## WORK REQUIRED:
Starting at the line that has "arrive-Kept (signals unknown_signal)" and stopping after the line that has "[] (λ _. refl)", reproduce the listing below exactly; omit everything else.

*** TASK INPUTS

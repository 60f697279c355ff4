-- ===== src/Startup/Turns.antt =====
-- One turn of the loops of src/main.cpp that read commands.
use buckey.Common.{
  ◌≡◌, refl, sym, ap, ◌∙◌, inl, inr, Bool, true, false, ◌||◌, Option, none, some, List, [], ◌∷◌,
  ◌++◌, append-nil, arith, if◌then◌else◌, Bool-cases, String, if_holds, str_eq,
}
use buckey.Startup.Loops.{
  signals, sigtstp, sighup, sigquit, sigterm, unknown_signal, quits, Event, Assistant, arrive,
  arrive_all, Turn, pass_line, takes_line, turn,
}

-- Whether one of the events stops the program in the foreground.
abbrev pub stops : Event → Bool
stops (signals sighup) = false
stops (signals unknown_signal) = false
stops (signals s) = true
stops quits = true

abbrev pub any_stops : List Event → Bool
any_stops [] = false
any_stops (e ∷ es) = stops e || any_stops es

abbrev pub read_line : Option String → List String
read_line none = []
read_line (some s) = if str_eq s "" then [] else s ∷ []

-- What events leave in the foreground, and in a daemon.
pub record Stopped (stopped : Bool) (b b' : Assistant) : Type 0 where
  pub running : b'.running ≡ b.running
  pub inputs : b'.inputs ≡ b.inputs
  pub killed : b'.killed ≡ (b.killed || stopped)

pub record Kept (b b' : Assistant) : Type 0 where
  pub running : b'.running ≡ b.running
  pub commands : b'.commands ≡ b.commands

or-false : (a : Bool) → a ≡ (a || false)
or-false true = refl
or-false false = refl

or-true : (a : Bool) → true ≡ (a || true)
or-true true = refl
or-true false = refl

or_assoc : (a b c : Bool) → ((a || b) || c) ≡ (a || (b || c))
or_assoc true b c = refl
or_assoc false b c = refl

arrive-Stopped : (e : Event) (b : Assistant) → Stopped (stops e) b (arrive false e b)
unfolding arrive
arrive-Stopped (signals sighup) b = record { running = refl; inputs = refl; killed = or-false _ }
arrive-Stopped (signals sigquit) b = record { running = refl; inputs = refl; killed = or-true _ }
arrive-Stopped (signals sigtstp) b = record { running = refl; inputs = refl; killed = or-true _ }
arrive-Stopped (signals sigterm) b = record { running = refl; inputs = refl; killed = or-true _ }
arrive-Stopped (signals unknown_signal) b = record {
  running = refl;
  inputs = refl;
  killed = or-false _;
}
arrive-Stopped quits b = record { running = refl; inputs = refl; killed = or-true _ }

arrive_all-Stopped :
    (es : List Event) (b : Assistant) → Stopped (any_stops es) b (arrive_all false es b)
unfolding arrive_all
arrive_all-Stopped [] b = record { running = refl; inputs = refl; killed = or-false _ }
arrive_all-Stopped (e ∷ es) b =
    let one = arrive-Stopped e b in
    let rest = arrive_all-Stopped es (arrive false e b) in
    record {
      running = rest.running ∙ one.running;
      inputs = rest.inputs ∙ one.inputs;
      killed =
          rest.killed
          ∙ ap (λ t. t || any_stops es) one.killed
          ∙ or_assoc b.killed (stops e) (any_stops es);
    }

arrive-Kept : (e : Event) (b : Assistant) → Kept b (arrive true e b)
unfolding arrive
arrive-Kept (signals sighup) b = record { running = refl; commands = refl }
arrive-Kept (signals sigquit) b = record { running = refl; commands = refl }
arrive-Kept (signals sigtstp) b = record { running = refl; commands = refl }
arrive-Kept (signals sigterm) b = record { running = refl; commands = refl }
arrive-Kept (signals unknown_signal) b = record { running = refl; commands = refl }
arrive-Kept quits b = record { running = refl; commands = refl }

arrive_all-Kept : (es : List Event) (b : Assistant) → Kept b (arrive_all true es b)
unfolding arrive_all
arrive_all-Kept [] b = record { running = refl; commands = refl }
arrive_all-Kept (e ∷ es) b =
    let one = arrive-Kept e b in
    let rest = arrive_all-Kept es (arrive true e b) in
    record { running = rest.running ∙ one.running; commands = rest.commands ∙ one.commands }

-- One turn in the foreground.
pub record Turned (t : Turn) (b : Assistant) (next : Assistant × Bool) : Type 0 where
  pub running : next.0.running ≡ b.running
  pub inputs : next.0.inputs ≡ b.inputs ++ (if any_stops t.waiting then [] else read_line t.line)
  pub goes : any_stops t.waiting ≡ false → next.1 ≡ false
  pub killed : next.1 ≡ false → next.0.killed ≡ (any_stops t.waiting || any_stops t.behind)

pass_line-inputs :
    (s : String) (b : Assistant) → (pass_line false s b).inputs ≡ b.inputs ++ read_line (some s)
unfolding pass_line
pass_line-inputs s b = elim (Bool-cases (str_eq s "")) [
  | inl e ↦ rw e (sym (append-nil b.inputs))
  | inr e ↦ rw e refl
]

pass_line-flags :
    (s : String) (b : Assistant)
    → ((pass_line false s b).running ≡ b.running) × ((pass_line false s b).killed ≡ b.killed)
unfolding pass_line
pass_line-flags s b = elim (Bool-cases (str_eq s "")) [
  | inl e ↦ rw e (refl, refl)
  | inr e ↦ rw e (refl, refl)
]

pub false-true {ℓ} : {P : Type ℓ} {a : Bool} → a ≡ true → a ≡ false → P
false-true p q = absurd (cc)

turn-quiet :
    (w h : List Event) (b : Assistant)
    → b.killed ≡ false
    → Turned
        (record { waiting = w; line = none; behind = h })
        b
        (turn false (record { waiting = w; line = none; behind = h }) b)
unfolding turn
turn-quiet w h b live =
    let before = arrive_all-Stopped w b in
    let after = arrive_all-Stopped h (arrive_all false w b) in
    record {
      running = after.running ∙ before.running;
      inputs =
          after.inputs
          ∙ before.inputs
          ∙ sym (append-nil b.inputs)
          ∙ if_holds (λ t. b.inputs ++ [] ≡ b.inputs ++ t) (any_stops w) [] [] (λ _. refl)
              (λ _. refl);
      goes = λ _. refl;
      killed = λ _.
          after.killed
          ∙ ap (λ t. t || any_stops h) (before.killed ∙ ap (λ t. t || any_stops w) live);
    }

turn-line :
    (w h : List Event) (s : String) (b : Assistant)
    → b.killed ≡ false
    → Turned
        (record { waiting = w; line = some s; behind = h })
        b
        (turn false (record { waiting = w; line = some s; behind = h }) b)
unfolding turn takes_line
turn-line w h s b live =
    let now = arrive_all false w b in
    let before = arrive_all-Stopped w b in
    let dead : now.killed ≡ any_stops w = before.killed ∙ ap (λ t. t || any_stops w) live in
    let passed = pass_line false s now in
    let after = arrive_all-Stopped h passed in
    let (running, killed) = pass_line-flags s now in
    let T : Turn = record { waiting = w; line = some s; behind = h } in
    if_holds (Turned T b) (takes_line false now) (arrive_all false h passed, false) (now, true)
      (λ e.
        let calm : any_stops w ≡ false = ground (arith, e, dead) in
        record {
          running = after.running ∙ running ∙ before.running;
          inputs =
              after.inputs
              ∙ pass_line-inputs s now
              ∙ ap (λ t. t ++ read_line (some s)) before.inputs
              ∙ rw calm refl;
          goes = λ _. refl;
          killed = λ _. after.killed ∙ ap (λ t. t || any_stops h) (killed ∙ dead);
        })
      (λ e.
        let stop : any_stops w ≡ true = ground (arith, e, dead) in
        record {
          running = before.running;
          inputs = before.inputs ∙ sym (append-nil b.inputs) ∙ rw stop refl;
          goes = λ f. false-true stop f;
          killed = λ f. false-true refl f;
        })

pub turn-Turned : (t : Turn) (b : Assistant) → b.killed ≡ false → Turned t b (turn false t b)
turn-Turned t b live =
    elim t.line as (λ l. Turned (record t { line = l }) b (turn false (record t { line = l }) b)) [
      | none ↦ turn-quiet t.waiting t.behind b live
      | some s ↦ turn-line t.waiting t.behind s b live
    ]

pass_line-commands :
    (s : String) (b : Assistant)
    → ((pass_line true s b).running ≡ b.running)
      × ((pass_line true s b).commands ≡ b.commands ++ read_line (some s))
unfolding pass_line
pass_line-commands s b = elim (Bool-cases (str_eq s "")) [
  | inl e ↦ rw e (refl, sym (append-nil b.commands))
  | inr e ↦ rw e (refl, refl)
]

-- One turn in a daemon does not break, and passes its line.
abbrev pub Daemonic : Turn → Assistant → Assistant × Bool → Type 0
Daemonic t b next =
    (next.1 ≡ false) × (next.0.running ≡ true) × (next.0.commands ≡ b.commands ++ read_line t.line)

pub turn-daemon : (t : Turn) (b : Assistant) → b.running ≡ true → Daemonic t b (turn true t b)
unfolding turn takes_line
turn-daemon t b up =
    let now = arrive_all true t.waiting b in
    let before = arrive_all-Kept t.waiting b in
    elim t.line as (λ l. Daemonic (record t { line = l }) b (turn true (record t { line = l }) b)) [
      | none ↦
          let after = arrive_all-Kept t.behind now in
          (
            refl,
            after.running ∙ before.running ∙ up,
            after.commands ∙ before.commands ∙ sym (append-nil b.commands),
          )
      | some s ↦
          let passed = pass_line true s now in
          let after = arrive_all-Kept t.behind passed in
          let (running, commands) = pass_line-commands s now in
          if_holds (Daemonic (record t { line = some s }) b) now.running
            (arrive_all true t.behind passed, false) (now, true)
            (λ _. (
              refl,
              after.running ∙ running ∙ before.running ∙ up,
              after.commands ∙ commands ∙ ap (λ l. l ++ read_line (some s)) before.commands,
            ))
            (λ e. false-true (before.running ∙ up) e)
    ]
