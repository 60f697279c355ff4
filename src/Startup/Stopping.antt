-- ===== src/Startup/Stopping.antt =====
-- When the loops of src/main.cpp that read commands end, and what they pass on until then.
use buckey.Common.{
  ◌≡◌, refl, sym, ap, ◌∙◌, subst, inl, inr, Bool, true, false, ◌||◌, List, [], ◌∷◌, ◌++◌,
  append-nil, append_assoc, if◌then◌else◌, Bool-cases, String, if_holds,
}
use buckey.Startup.Loops.{Assistant, Turn, goes_on, turn, command_loop}
use buckey.Startup.Turns.{any_stops, read_line, turn-Turned, turn-daemon, false-true}

-- The lines that are read before a stop, and whether there is one.
abbrev pub lines_until_stop : List Turn → List String
lines_until_stop [] = []
lines_until_stop (t ∷ ts) =
    let rest = lines_until_stop ts in
    if any_stops t.waiting
    then []
    else read_line t.line ++ (if any_stops t.behind then [] else rest)

abbrev pub has_stop : List Turn → Bool
has_stop [] = false
has_stop (t ∷ ts) = any_stops t.waiting || any_stops t.behind || has_stop ts

abbrev pub all_lines : List Turn → List String
all_lines [] = []
all_lines (t ∷ ts) = read_line t.line ++ all_lines ts

-- A loop that a stop has reached ends at its test.
command_loop-killed :
    (ts : List Turn) (b : Assistant) → b.killed ≡ true → command_loop false ts b ≡ (b, true)
unfolding command_loop goes_on
command_loop-killed [] b k = rw k refl
command_loop-killed (t ∷ ts) b k = rw k refl

-- In the foreground the loop of main ends if and only if a signal that stops the program or a command
-- quit arrives in one of its turns, and it passes on as inputs exactly the lines that are not empty and
-- were read before, in their order, if it starts with running set and killed not set.
pub command_loop-foreground :
    (ts : List Turn) (b : Assistant)
    → b.running ≡ true
    → b.killed ≡ false
    → ((command_loop false ts b).1 ≡ has_stop ts)
      × ((command_loop false ts b).0.inputs ≡ b.inputs ++ lines_until_stop ts)
unfolding command_loop goes_on
command_loop-foreground [] b up live = rw (up, live) (refl, sym (append-nil b.inputs))
command_loop-foreground (t ∷ ts) b up live =
    let next = turn false t b in
    let turned = turn-Turned t b live in
    let P = λ (r : Assistant × Bool).
      (r.1 ≡ has_stop (t ∷ ts)) × (r.0.inputs ≡ b.inputs ++ lines_until_stop (t ∷ ts)) in
    let rest = command_loop false ts next.0 in
    if_holds P (goes_on false b) (if next.1 then next else rest) (b, true)
      (λ _.
        if_holds P next.1 next rest
          (λ out. elim (Bool-cases (any_stops t.waiting)) [
            | inl w ↦ (rw w out, turned.inputs ∙ rw w refl)
            | inr w ↦ false-true out (turned.goes w)
          ])
          (λ stays. elim (Bool-cases (any_stops t.waiting)) [
            | inl w ↦
                subst P (sym (command_loop-killed ts next.0 (turned.killed stays ∙ rw w refl)))
                  (rw w refl, turned.inputs ∙ rw w refl)
            | inr w ↦ elim (Bool-cases (any_stops t.behind)) [
              | inl h ↦
                  subst P
                    (sym (command_loop-killed ts next.0 (turned.killed stays ∙ rw (w, h) refl)))
                    (
                      rw (w, h) refl,
                      turned.inputs ∙ rw (w, h) (ap (λ l. b.inputs ++ l) (sym (append-nil _))),
                    )
              | inr h ↦
                  let (ends, passed) =
                    command_loop-foreground ts next.0 (turned.running ∙ up)
                      (turned.killed stays ∙ rw (w, h) refl) in
                  (
                    ends ∙ rw (w, h) refl,
                    passed
                        ∙ ap (λ l. l ++ lines_until_stop ts) turned.inputs
                        ∙ rw (w, h)
                            (append_assoc b.inputs (read_line t.line) (lines_until_stop ts)),
                  )
            ]
          ]))
      (λ e. false-true (rw (up, live) refl) e)

-- In a daemon the loop never ends: it looks at running, which only the destructor behind the loop
-- clears. Whatever arrives, all lines that are not empty are passed on as commands, if it starts with
-- running set.
pub command_loop-daemon :
    (ts : List Turn) (b : Assistant)
    → b.running ≡ true
    → ((command_loop true ts b).1 ≡ false)
      × ((command_loop true ts b).0.commands ≡ b.commands ++ all_lines ts)
unfolding command_loop goes_on
command_loop-daemon [] b up = rw up (refl, sym (append-nil b.commands))
command_loop-daemon (t ∷ ts) b up =
    let next = turn true t b in
    let (goes, running, commands) = turn-daemon t b up in
    let P =
      λ (r : Assistant × Bool). (r.1 ≡ false) × (r.0.commands ≡ b.commands ++ all_lines (t ∷ ts)) in
    let (ends, passed) = command_loop-daemon ts next.0 running in
    if_holds P b.running (if next.1 then next else command_loop true ts next.0) (b, true)
      (λ _.
        if_holds P next.1 next (command_loop true ts next.0) (λ out. false-true out goes)
          (λ _. (
            ends,
            passed
                ∙ ap (λ l. l ++ all_lines ts) commands
                ∙ append_assoc b.commands (read_line t.line) (all_lines ts),
          )))
      (λ e. false-true up e)
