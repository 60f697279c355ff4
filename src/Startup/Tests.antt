-- ===== src/Startup/Tests.antt =====
-- Processes, command lines, turns of the loops and a library of files, with small values.
use buckey.Common.{
  ℕ, ◌≡◌, refl, ◌≢◌, inl, inr, Bool, true, false, not, ◌||◌, none, some, List, [], ◌∷◌, ◌++◌, arith,
  ◌==◌, if◌then◌else◌, Option-cases, String, if_holds, str_eq, str_eq_refl,
}
use buckey.Dispatch.{string_starts_with}
use buckey.Startup.{
  Disk, Getopt, Arg, Machine, main_with, main, read_options, bad_option, setup_directories,
  prepare_config, prepare_assets, fresh_tmp, main_in_directory, main_ready, choose,
}
use buckey.Startup.Directories.{is_below, IsLawful, IsReady, setup_directories-IsReady}
use buckey.Startup.Clearing.{main-clears_tmp}
use buckey.Startup.Precedence.{IsGetopt, is_option, wants_value, main-input_refused}
use buckey.Startup.Loops.{signals, sigterm, sighup, Assistant, Turn, command_loop}
use buckey.Startup.Stopping.{
  has_stop, lines_until_stop, all_lines, command_loop-foreground, command_loop-daemon,
}
use buckey.Startup.Processes.{
  absent, forking, serving, System, launches, runs, Move, schedule, nobody, lockf, move, run_phase,
  enter,
}
use buckey.Startup.Exclusion.{schedule-exclusive, schedule-fork_races}

abbrev fresh : Assistant
fresh = record { running = true; killed = false; inputs = []; commands = []; reloads = 0 }

abbrev turns : List Turn
turns =
    record { waiting = []; line = some "list modes"; behind = signals sighup ∷ [] }
    ∷ record { waiting = []; line = none; behind = [] }
    ∷ record { waiting = signals sigterm ∷ []; line = some "lost"; behind = [] }
    ∷ []

command_loop-foreground_example :
    ((command_loop false turns fresh).1 ≡ has_stop turns)
    × ((command_loop false turns fresh).0.inputs ≡ [] ++ lines_until_stop turns)
command_loop-foreground_example = command_loop-foreground turns fresh refl refl

command_loop-daemon_example :
    ((command_loop true turns fresh).1 ≡ false)
    × ((command_loop true turns fresh).0.commands ≡ [] ++ all_lines turns)
command_loop-daemon_example = command_loop-daemon turns fresh refl

abbrev two_started : List Move
two_started = launches 1 false ∷ runs 1 0 ∷ launches 2 false ∷ runs 2 0 ∷ []

schedule-exclusive_example : (◌≡◌ {A = ℕ} 1 1) × ((schedule two_started nobody).holder ≡ some 1)
unfolding schedule move run_phase enter lockf
schedule-exclusive_example = schedule-exclusive two_started 1 1 refl refl

abbrev about_to_fork : System
about_to_fork = record { phase = λ k. if k == 1 then forking else absent; holder = some 1 }

schedule-fork_races_example :
    ((schedule (runs 1 2 ∷ runs 1 2 ∷ runs 2 2 ∷ []) about_to_fork).phase 2 ≡ serving)
    × ((schedule (runs 1 2 ∷ runs 1 2 ∷ runs 2 2 ∷ []) about_to_fork).holder ≡ some 2)
    × ((schedule (runs 1 2 ∷ runs 2 2 ∷ runs 1 2 ∷ []) about_to_fork).holder ≡ none)
    × ((k : ℕ)
        → (schedule (runs 1 2 ∷ runs 2 2 ∷ runs 1 2 ∷ []) about_to_fork).phase k
          ≡ (if k == 1 || k == 2 then absent else (if k == 1 then forking else absent)))
schedule-fork_races_example =
    schedule-fork_races 1 2 about_to_fork (λ e. absurd (omega (arith, e))) refl refl refl

abbrev getopt : Getopt
getopt ls a =
    if is_option a.letter ls
    then (if wants_value a.letter ls
        then (elim a.value [ none ↦ b'?' | some v ↦ a.letter ])
        else a.letter)
    else b'?'

getopt-known :
    (ls : List ℕ) (a : Arg)
    → is_option a.letter ls ≡ true
    → (wants_value a.letter ls ≡ true → a.value ≢ none)
    → getopt ls a ≡ a.letter
getopt-known ls a h w =
    if_holds (λ c. c ≡ a.letter) (is_option a.letter ls) _ b'?'
      (λ _.
        if_holds (λ c. c ≡ a.letter) (wants_value a.letter ls) _ a.letter
          (λ e. elim (Option-cases a.value) [ inl n ↦ absurd (w e n) | inr (v, n) ↦ rw n refl ])
          (λ _. refl))
      (λ e. absurd (cc))

getopt-valueless :
    (ls : List ℕ) (a : Arg) → wants_value a.letter ls ≡ true → a.value ≡ none → getopt ls a ≡ b'?'
getopt-valueless ls a w n =
    if_holds (λ c. c ≡ b'?') (is_option a.letter ls) _ b'?'
      (λ _.
        if_holds (λ c. c ≡ b'?') (wants_value a.letter ls) _ a.letter (λ _. rw n refl)
          (λ e. absurd (cc)))
      (λ _. refl)

getopt-IsGetopt : IsGetopt getopt
getopt-IsGetopt = record {
  known = getopt-known;
  valueless = getopt-valueless;
  unknown = λ ls a h. rw h refl;
}

data Entry : Type 0 where
  nothing file folder : Entry

abbrev is_folder : Entry → Bool
is_folder folder = true
is_folder _ = false

abbrev is_entry : Entry → Bool
is_entry nothing = false
is_entry _ = true

-- A new directory has nothing below it.
abbrev make : String → (String → Entry) → String → Entry
make p fs q =
    if str_eq p q
    then folder
    else if is_below p q
    then (if is_folder (fs p) then fs q else nothing)
    else fs q

abbrev paths : Disk
paths = record {
  Files = String → Entry;
  is_directory = λ p fs. is_folder (fs p);
  is_there = λ p fs. is_entry (fs p);
  create_directory = λ p fs. (true, make p fs);
  write_file = λ p t fs q. if str_eq p q then file else fs q;
  remove_directory_rec =
      λ p fs q. if str_eq p q then nothing else if is_below p q then nothing else fs q;
  load_file = λ p fs. is_entry (fs p);
}

make-keeps :
    (p q : String) (fs : String → Entry)
    → is_below p q ≡ false
    → (is_folder (fs q) ≡ true → is_folder (make p fs q) ≡ true)
      × (is_entry (fs q) ≡ true → is_entry (make p fs q) ≡ true)
make-keeps p q fs out =
    if_holds
      (λ e.
        (is_folder (fs q) ≡ true → is_folder e ≡ true)
        × (is_entry (fs q) ≡ true → is_entry e ≡ true))
      (str_eq p q) folder _ (λ _. (λ h. refl, λ h. refl)) (λ _. rw out (λ h. h, λ h. h))

paths-IsLawful : IsLawful paths
paths-IsLawful = record {
  created = λ p fs h. rw (str_eq_refl p) refl;
  created_empty = λ p q fs gone ne below. rw (ne, below, gone) refl;
  create_keeps = make-keeps;
  write_keeps = λ p t q fs ne h. rw ne h;
  remove_keeps = λ p q fs ne out. rw (ne, out) (λ h. h, λ h. h);
}

-- Another instance runs and has a file below tmp.
abbrev used : String → Entry
used q = if str_eq q "tmp" then folder else if str_eq q "tmp/speech.wav" then file else nothing

abbrev busy : Machine
busy = record {
  has_directory = true;
  makes_directory = false;
  enters_directory = true;
  opens_lock_file = true;
  opens_socket = true;
  connects = true;
  is_locked = true;
}

abbrev command_args : List Arg
command_args =
    record { letter = b'd'; value = none } ∷ record { letter = b'c'; value = some "quit" } ∷ []

setup_directories-IsReady_example :
    (true ≡ not (is_folder (used "config")))
    × IsReady paths-IsLawful (setup_directories paths "" used).1
unfolding setup_directories prepare_config prepare_assets fresh_tmp string_starts_with
setup_directories-IsReady_example =
    setup_directories-IsReady paths-IsLawful "" used {first = true} refl

main-clears_tmp_example :
    is_entry ((main paths getopt "" busy command_args used).1 "tmp/speech.wav") ≡ false
unfolding main read_options choose main_with main_in_directory setup_directories prepare_config
    prepare_assets fresh_tmp main_ready string_starts_with
main-clears_tmp_example =
    main-clears_tmp paths-IsLawful getopt "" busy command_args used "tmp/speech.wav" refl refl

main-input_refused_example :
    main paths getopt "" busy (record { letter = b'i'; value = some "hello" } ∷ command_args) used
    ≡ (bad_option, used)
main-input_refused_example =
    main-input_refused getopt-IsGetopt paths "" busy
      (record { letter = b'i'; value = some "hello" } ∷ command_args) used refl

******

## EXERCISE RESULT:
arrive-Kept (signals unknown_signal) b = record { running = refl; commands = refl }
arrive-Kept quits b = record { running = refl; commands = refl }

arrive_all-Kept : (es : List Event) (b : Assistant) → Kept b (arrive_all true es b)
unfolding arrive_all
arrive_all-Kept [] b = record { running = refl; commands = refl }
arrive_all-Kept (e ∷ es) b =
    let one = arrive-Kept e b in
    let rest = arrive_all-Kept es (arrive true e b) in
    record { running = rest.running ∙ one.running; commands = rest.commands ∙ one.commands }

-- One turn in the foreground.
pub record Turned (t : Turn) (b : Assistant) (next : Assistant × Bool) : Type 0 where
  pub running : next.0.running ≡ b.running
  pub inputs : next.0.inputs ≡ b.inputs ++ (if any_stops t.waiting then [] else read_line t.line)
  pub goes : any_stops t.waiting ≡ false → next.1 ≡ false
  pub killed : next.1 ≡ false → next.0.killed ≡ (any_stops t.waiting || any_stops t.behind)

pass_line-inputs :
    (s : String) (b : Assistant) → (pass_line false s b).inputs ≡ b.inputs ++ read_line (some s)
unfolding pass_line
pass_line-inputs s b = elim (Bool-cases (str_eq s "")) [
  | inl e ↦ rw e (sym (append-nil b.inputs))
  | inr e ↦ rw e refl
]

pass_line-flags :
    (s : String) (b : Assistant)
    → ((pass_line false s b).running ≡ b.running) × ((pass_line false s b).killed ≡ b.killed)
unfolding pass_line
pass_line-flags s b = elim (Bool-cases (str_eq s "")) [
  | inl e ↦ rw e (refl, refl)
  | inr e ↦ rw e (refl, refl)
]

pub false-true {ℓ} : {P : Type ℓ} {a : Bool} → a ≡ true → a ≡ false → P
false-true p q = absurd (cc)

turn-quiet :
    (w h : List Event) (b : Assistant)
    → b.killed ≡ false
    → Turned
        (record { waiting = w; line = none; behind = h })
        b
        (turn false (record { waiting = w; line = none; behind = h }) b)
unfolding turn
turn-quiet w h b live =
    let before = arrive_all-Stopped w b in
    let after = arrive_all-Stopped h (arrive_all false w b) in
    record {
      running = after.running ∙ before.running;
      inputs =
          after.inputs
          ∙ before.inputs
          ∙ sym (append-nil b.inputs)
          ∙ if_holds (λ t. b.inputs ++ [] ≡ b.inputs ++ t) (any_stops w) [] [] (λ _. refl)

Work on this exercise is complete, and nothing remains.